▸ What to do
Where does "Option" appear in the data? Return each line that holds it.

Stored data
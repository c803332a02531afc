-- ===== src/OpenApi/Generate/Entries.antt =====
-- The operations of a document, and the schemas that they show, as entries of its tables.
use grpc_composition.Common.{
  ℕ, ◌≡◌, refl, sym, ap, inl, inr, List, [], ◌∷◌, Option, none, some, Text, codes, if◌then◌else◌,
  text_eq, is_empty, Bool-cases, lookup, All,
}
use mathlib.Core.Path.{subst}
use mathlib.Core.Option.{some-injective, some-ne-none}
use grpc_composition.Std.Strconv.Itoa.{itoa}
use grpc_composition.Host.{Host}
use grpc_composition.Spec.{OperationInfo}
use grpc_composition.OpenApi.{PathItem}
use grpc_composition.OpenApi.Schema.{Schema}
use grpc_composition.OpenApi.Components.{Schemas}
use grpc_composition.OpenApi.Components.Outcomes.{SchemaOk}
use grpc_composition.OpenApi.Protos.{Protoreflect}
use grpc_composition.OpenApi.Dtos.{Reflection}
use grpc_composition.OpenApi.Generate.{
  Info, MediaType, Content, Response, Operation, Document, generate_from, generate,
}
use grpc_composition.OpenApi.Generate.References.{ContentOk, OperationOk}
use grpc_composition.OpenApi.Generate.Matches.{Answers}
use grpc_composition.OpenApi.Generate.Shown.{json_schema, schema_of_body, schema_of_response}
use grpc_composition.OpenApi.Generate.Resolved.{schemas_of, schemas_of-components}

All-lookup :
    {A : Type 0} (P : A → Type 0) (k : Text) (xs : List (Text × A)) (a : A)
    → All (λ e. P e.1) xs
    → lookup k xs ≡ some a
    → P a
unfolding lookup
All-lookup P k [] a h e = absurd (some-ne-none a (sym e))
All-lookup P k ((n, b) ∷ xs) a h e = elim (Bool-cases (text_eq n k)) [
  | inl hit ↦ subst P (some-injective b a (rw hit at e)) h.0
  | inr miss ↦ All-lookup P k xs a h.1 (rw miss at e)
]

found_by :
    {A B : Type 0} (o : Option A) (f : A → Option B) (b : B)
    → elim o [ none ↦ none | some a ↦ f a ] ≡ some b
    → (a : A) × (o ≡ some a) × (f a ≡ some b)
found_by none f b e = absurd (some-ne-none b (sym e))
found_by (some a) f b e = (a, refl, e)

module _ (st : Schemas) where
  SchemaOk-json_schema :
      (content : Content) (s : Schema)
      → ContentOk st content
      → json_schema content ≡ some s
      → SchemaOk st s
  SchemaOk-json_schema content s h e =
      let (media, there, is) =
        found_by (lookup (codes "application/json") content) (λ media. some media.media_schema) s
          e in
      subst (SchemaOk st) (some-injective media.media_schema s is) (
        All-lookup (λ (m : MediaType). SchemaOk st m.media_schema) (codes "application/json")
          content media h there)

  pub SchemaOk-response :
      (status : ℕ) (o : Operation) (s : Schema)
      → OperationOk st o
      → schema_of_response status o ≡ some s
      → SchemaOk st s
  SchemaOk-response status o s h e =
      let (answer, there, is) =
        found_by (lookup (itoa status) o.responses) (λ answer. json_schema answer.content) s e in
      SchemaOk-json_schema answer.content s
        (All-lookup (λ (a : Response). ContentOk st a.content) (itoa status) o.responses answer
          h.responses_ok there)
        is

  pub SchemaOk-body :
      (o : Operation) (s : Schema) → OperationOk st o → schema_of_body o ≡ some s → SchemaOk st s
  SchemaOk-body o s h e =
      let (body, there, is) = found_by o.request_body (λ b. json_schema b.content) s e in
      SchemaOk-json_schema body.content s (rw there at h.body_ok) is

-- A relation that holds of what the document answers with for a route.
pub Answers-some :
    {H : Host} (Rel : OperationInfo H → Operation → Type 0) (info : OperationInfo H)
    (o : Option Operation)
    → Answers Rel (some info) o
    → (op : Operation) × (o ≡ some op) × Rel info op
Answers-some Rel info none h = absurd h
Answers-some Rel info (some op) h = (op, refl, h)

pub generate-steps :
    {H : Host} (R : Protoreflect H) (T : Reflection H) (fuel : ℕ) (ops : List (OperationInfo H))
    (title : Info) (doc : Document)
    → generate R T fuel ops title ≡ some doc
    → (paths : List (Text × PathItem Operation)) × (generate_from R T fuel ops [] []
        ≡ some (paths, schemas_of doc))
      × (doc.paths ≡ paths)
unfolding generate
generate-steps R T fuel ops title doc e =
    let (r, ran, is) =
      found_by (generate_from R T fuel ops [] [])
        (λ r. some (record {
          openapi = codes "3.1.0";
          info = title;
          paths = r.0;
          components = if is_empty r.1 then none else some (record { schemas = r.1 });
        }))
        doc e in
    let same = some-injective _ doc is in
    let table : schemas_of doc ≡ r.1 = rw (← same) (schemas_of-components r.1 title r.0) in
    (r.0, rw table ran, sym (ap (λ (d : Document). d.paths) same))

▸ Response
  ℕ, ◌≡◌, refl, sym, ap, inl, inr, List, [], ◌∷◌, Option, none, some, Text, codes, if◌then◌else◌,
use mathlib.Core.Option.{some-injective, some-ne-none}
    {A B : Type 0} (o : Option A) (f : A → Option B) (b : B)
    (o : Option Operation)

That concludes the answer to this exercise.